Rishabh Mehrotra is a Research Scientist at Spotify Research in London. He obtained his PhD in the field of Machine Learning and Information Retrieval from University College London where he was partially supported by a Google Research Award. His PhD research focused on inference of search tasks from query logs and their applications. His current research focuses on bandit based recommendations, counterfactual analysis and experimentation. Some of his recent work has been published at top conferences including WWW, SIGIR, NAACL, CIKM, RecSys and WSDM. He has co-taught a number of tutorials at leading conferences (WWW & CIKM) & was recently invited to teach a course on “Learning from User Interactions” at the Russian Summer School on Information Retrieval and the ACM SIGKDD Africa Summer School on Machine Learning for Search.
Upcoming Abstract Summary
Recommendations in a Marketplace: Personalizing Explainable Recommendations with Multi-objective Contextual Bandits:
In recent years, two sided marketplaces have emerged as viable business models in many real world applications (e.g. Amazon, AirBnb, Spotify, YouTube), wherein the platforms have customers not only on the demand side (e.g. users), but also on the supply side (e.g. retailer, artists). Such multi-sided marketplace involves interaction between multiple stakeholders among which there are different individuals with assorted needs. While traditional recommender systems focused specifically towards increasing consumer satisfaction by providing relevant content to the consumers, two-sided marketplaces face an interesting problem of optimizing their models for supplier preferences, and visibility.

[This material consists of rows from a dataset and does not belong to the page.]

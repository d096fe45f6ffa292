-- ===== src/Web/Tokens.antt =====
-- The stored logins of token_store.py: FroniusTokenStore, and async_forget_unused_tokens on the
-- config entries. The host application's Store is the field `file`; urlparse is a parameter.
pub mod Laws
use Prim.Native.String.{String, ◌++◌}
use text.Mathlib.Text.{◌==◌, find?}
use fronius_modbus.Common.{
  Bool, true, false, not, ◌||◌, Option, none, some, List, [], ◌∷◌, if◌then◌else◌,
}
use fronius_modbus.Json.{
  Json, null, bool, int, str, arr, obj, Members, end, member, get, put, object_or_empty,
}

-- API_USERNAMES
abbrev pub api_usernames : List String
api_usernames = "customer" ∷ "technician" ∷ []

-- `self._cache`, what the file holds, and whether a delayed save of the cache is due.
pub record TokenStore : Type 0 where
  pub cache : Option Members
  pub file : Json
  pub save_due : Bool

pub record Token : Type 0 where
  pub realm : String
  pub secret : String

-- A config entry: its host, and the role that it logs in with, if it has one.
pub record Entry : Type 0 where
  pub host : String
  pub role : Option String

-- `tokens.pop(key, None)`, of what stays
unfoldable pub remove : String → Members → Members
remove key end = end
remove key (member k v rest) =
    let others = remove key rest in if k == key then others else member k v others

abbrev pub has_scheme : String → Bool
has_scheme host = elim (find? host "://") [ none ↦ false | some i ↦ true ]

module _ (netloc lower : String → String) where
  unfoldable pub canonical_host : String → String
  canonical_host host =
      if has_scheme host then lower (netloc host) else lower (netloc ("http://" ++ host))

  unfoldable pub token_key : String → String → String
  unfolding canonical_host
  token_key host user = canonical_host host ++ (":" ++ user)

abbrev pub saved : Members → TokenStore → TokenStore
saved tokens s = record s { cache = some tokens; file = obj tokens }

-- A file that is there is written again, for its mode.
abbrev pub kept_file : Members → Json → Json
kept_file end file = file
kept_file (member k v rest) file = obj (member k v rest)

-- `_async_load_all` after its read of the file: a cache that came up meanwhile is kept.
abbrev pub loaded_over : Option Members → Members → TokenStore → Members × TokenStore
loaded_over (some tokens) loaded s = (tokens, s)
loaded_over none loaded s =
    (loaded, record s { cache = some loaded; file = kept_file loaded s.file })

-- `_async_load_all`
unfoldable pub load_all : TokenStore → Members × TokenStore
load_all s = loaded_over s.cache (object_or_empty s.file) s

abbrev pub token_of : Json → Json → Option Token
token_of (str realm) (str secret) = some (record { realm = realm; secret = secret })
token_of _ _ = none

-- The token in an entry of the store.
unfoldable pub token_in : Json → Option Token
token_in (obj token) = token_of (get "realm" token) (get "token" token)
token_in _ = none

abbrev pub is_none : Json → Bool
is_none null = true
is_none _ = false

-- One role of `move_tokens`
unfoldable pub move_token : String → String → Members → Members
move_token old_key new_key tokens =
    let token = get old_key tokens in
    let rest = remove old_key tokens in if is_none token then rest else put new_key token rest

module _ (netloc lower : String → String) where
  abbrev key_of : String → String → String
  key_of = token_key netloc lower

  -- The loop of `move_tokens`, and its `moved`
  unfoldable pub move_roles : List String → String → String → Members → Members
  move_roles [] old_host new_host tokens = tokens
  move_roles (role ∷ roles) old_host new_host tokens = move_roles roles old_host new_host (
      move_token (token_key netloc lower old_host role) (token_key netloc lower new_host role)
        tokens)

  unfoldable pub any_moved : List String → String → String → Members → Bool
  any_moved [] old_host new_host tokens = false
  any_moved (role ∷ roles) old_host new_host tokens =
      not (is_none (get (token_key netloc lower old_host role) tokens))
      || any_moved roles old_host new_host (
          move_token (token_key netloc lower old_host role) (token_key netloc lower new_host role)
            tokens)

  -- `move_tokens` on a cache; none is the error of a store that was not loaded
  abbrev pub move_in : String → String → TokenStore → Option Members → Option TokenStore
  move_in old_host new_host s none = none
  move_in old_host new_host s (some tokens) = some (record s {
    cache = some (move_roles api_usernames old_host new_host tokens);
    save_due = s.save_due || any_moved api_usernames old_host new_host tokens;
  })

  unfoldable pub move_tokens : String → String → TokenStore → Option TokenStore
  move_tokens old_host new_host s = move_in old_host new_host s s.cache

  unfoldable pub load_token : String → String → TokenStore → Option Token × TokenStore
  unfolding load_all
  load_token host user s =
      let (tokens, s') = load_all s in
      (token_in (get (token_key netloc lower host user) tokens), s')

  unfoldable pub save_token : String → Token → String → TokenStore → TokenStore
  unfolding load_all
  save_token host t user s =
      let (tokens, s') = load_all s in
      let token = member "realm" (str t.realm) (member "token" (str t.secret) end) in
      saved (put (token_key netloc lower host user) (obj token) tokens) s'

  unfoldable pub delete_token : String → String → TokenStore → TokenStore
  unfolding load_all
  delete_token host user s =
      let (tokens, s') = load_all s in
      let key = token_key netloc lower host user in
      if is_none (get key tokens)
      then record s' { cache = some (remove key tokens) }
      else saved (remove key tokens) s'

  -- Whether `in_use` has a role, of the entries that stand on the host.
  abbrev pub logs_in : Option String → String → Bool
  logs_in none role = true
  logs_in (some r) role = r == role

  unfoldable pub in_use : List Entry → String → String → Bool
  in_use [] host role = false
  in_use (e ∷ es) host role =
      let others = in_use es host role in
      if canonical_host netloc lower e.host == canonical_host netloc lower host
      then logs_in e.role role || others
      else others

  unfoldable pub forget_roles : List String → List Entry → String → TokenStore → TokenStore
  forget_roles [] es host s = s
  forget_roles (role ∷ roles) es host s =
      let kept = forget_roles roles es host s in
      let deleted = forget_roles roles es host (delete_token host role s) in
      if in_use es host role then kept else deleted

  -- `async_forget_unused_tokens`
  unfoldable pub forget_unused_tokens : List Entry → String → TokenStore → TokenStore
  forget_unused_tokens es host s = forget_roles api_usernames es host s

In this talk, we begin by describing a contextual bandit model developed for serving explainable music recommendations to users and showcase the need for explicitly considering supplier-centric objectives during optimization. To jointly optimize the objectives of the different marketplace constituents, we present a multi-objective contextual bandit model aimed at maximizing long-term vectorial rewards across different competing objectives. Finally, we discuss theoretical performance guarantees as well as experimental results with historical log data and tests with live production traffic in a large-scale music recommendation service.